Stored items:
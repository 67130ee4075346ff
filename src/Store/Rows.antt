-- ===== src/Store/Rows.antt =====
-- The tables of src/feishu_dify_gateway/store.py, their rows and the literals of their status
-- columns.
use feishu_dify_gateway.Base.{ℕ, String, Bool, true, false, Option, List}
use feishu_dify_gateway.Text.{Text}

-- processed_events.status: 'processing', then what `mark_processed` is called with.
pub data EventStatus : Type 0 where
  processing delivered permanent_failed : EventStatus

pub record EventRow : Type 0 where
  pub event_id : Text
  pub status : EventStatus
  pub created_at : ℕ

pub data DeliveryStatus : Type 0 where
  prepared delivering retrying permanent_failed delivery_confirmed : DeliveryStatus

pub record DeliveryLedgerEntry : Type 0 where
  pub event_id : Text
  pub source : String
  pub status : DeliveryStatus
  pub transport_accepted : Bool
  pub delivery_confirmed : Bool
  pub attempts : ℕ
  pub last_error_code : String
  pub created_at : ℕ
  pub updated_at : ℕ
  pub transport_accepted_at : Option ℕ
  pub delivery_confirmed_at : Option ℕ
  pub next_retry_at : Option ℕ
  pub terminal_at : Option ℕ
  pub synthetic : Bool

-- 'delivery_confirmed' is named by `prune` alone.
pub data CommunicationStatus : Type 0 where
  prepared transport_accepted delivery_confirmed outcome_unknown permanent_failed :
      CommunicationStatus

pub record AdministrativeCommunicationLedgerEntry : Type 0 where
  pub event_id : Text
  pub body_digest : Text
  pub recipient_digest : Text
  pub status : CommunicationStatus
  pub transport_accepted : Bool
  pub delivery_confirmed : Bool
  pub attempts : ℕ
  pub provider_message_ref : Option Text
  pub last_error_code : String
  pub created_at : ℕ
  pub updated_at : ℕ
  pub transport_accepted_at : Option ℕ
  pub delivery_confirmed_at : Option ℕ

pub record ConversationRow : Type 0 where
  pub user_hash : Text
  pub conversation_id : Text
  pub updated_at : ℕ

pub record StateStore : Type 0 where
  pub processed_events : List EventRow
  pub conversations : List ConversationRow
  pub notification_delivery_ledger : List DeliveryLedgerEntry
  pub administrative_communication_ledger : List AdministrativeCommunicationLedgerEntry

-- status = 'processing'
unfoldable pub is_processing : EventStatus → Bool
is_processing EventStatus.processing = true
is_processing _ = false

-- status IN ('prepared', 'delivery_confirmed', 'permanent_failed')
unfoldable pub is_prunable_delivery : DeliveryStatus → Bool
is_prunable_delivery DeliveryStatus.prepared = true
is_prunable_delivery DeliveryStatus.delivery_confirmed = true
is_prunable_delivery DeliveryStatus.permanent_failed = true
is_prunable_delivery _ = false

-- status IN ('delivery_confirmed', 'permanent_failed')
unfoldable pub is_prunable_communication : CommunicationStatus → Bool
is_prunable_communication CommunicationStatus.delivery_confirmed = true
is_prunable_communication CommunicationStatus.permanent_failed = true
is_prunable_communication _ = false
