-- ===== src/Table.antt =====
-- An SQLite table with a TEXT primary key: its rows in order of insertion, and the statements
-- that store.py executes on them.
pub mod Laws
use feishu_dify_gateway.Base.{
  ℕ, ◌+◌, Bool, true, false, Option, none, some, List, [], ◌∷◌, ◌++◌, if◌then◌else◌, is_some,
}
use feishu_dify_gateway.Text.{Text, same}

module _ {ℓ} {V : Type ℓ} (key : V → Text) where
  -- `SELECT * FROM t WHERE key = ?`, `fetchone()`.
  unfoldable pub find : Text → List V → Option V
  find k [] = none
  find k (v ∷ t) = if same (key v) k then some v else find k t

  -- `UPDATE t SET ... WHERE key = ?`.
  unfoldable pub update : Text → (V → V) → List V → List V
  update k f [] = []
  update k f (v ∷ t) = (if same (key v) k then f v else v) ∷ update k f t

  -- `INSERT OR IGNORE INTO t VALUES ...`, with `rowcount == 1`.
  unfoldable pub insert_or_ignore : V → List V → List V × Bool
  unfolding find
  insert_or_ignore v t = if is_some (find (key v) t) then (t, false) else (t ++ v ∷ [], true)

  -- `INSERT INTO t VALUES ... ON CONFLICT(key) DO UPDATE SET ...`.
  unfoldable pub upsert : V → (V → V) → List V → List V
  unfolding find update
  upsert v f t = if is_some (find (key v) t) then update (key v) f t else t ++ v ∷ []

module _ {ℓ} {V : Type ℓ} where
  -- `DELETE FROM t WHERE ...`.
  unfoldable pub delete_where : (V → Bool) → List V → List V
  delete_where p [] = []
  delete_where p (v ∷ t) = let rest = delete_where p t in if p v then rest else v ∷ rest

  -- The `rowcount` of that statement.
  unfoldable pub count_where : (V → Bool) → List V → ℕ
  count_where p [] = 0
  count_where p (v ∷ t) = (if p v then 1 else 0) + count_where p t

YOUR ASSIGNMENT
How many of the lines in the data above carry the word "ConversationRow"? Say the number and nothing else.

TASK RESPONSE
2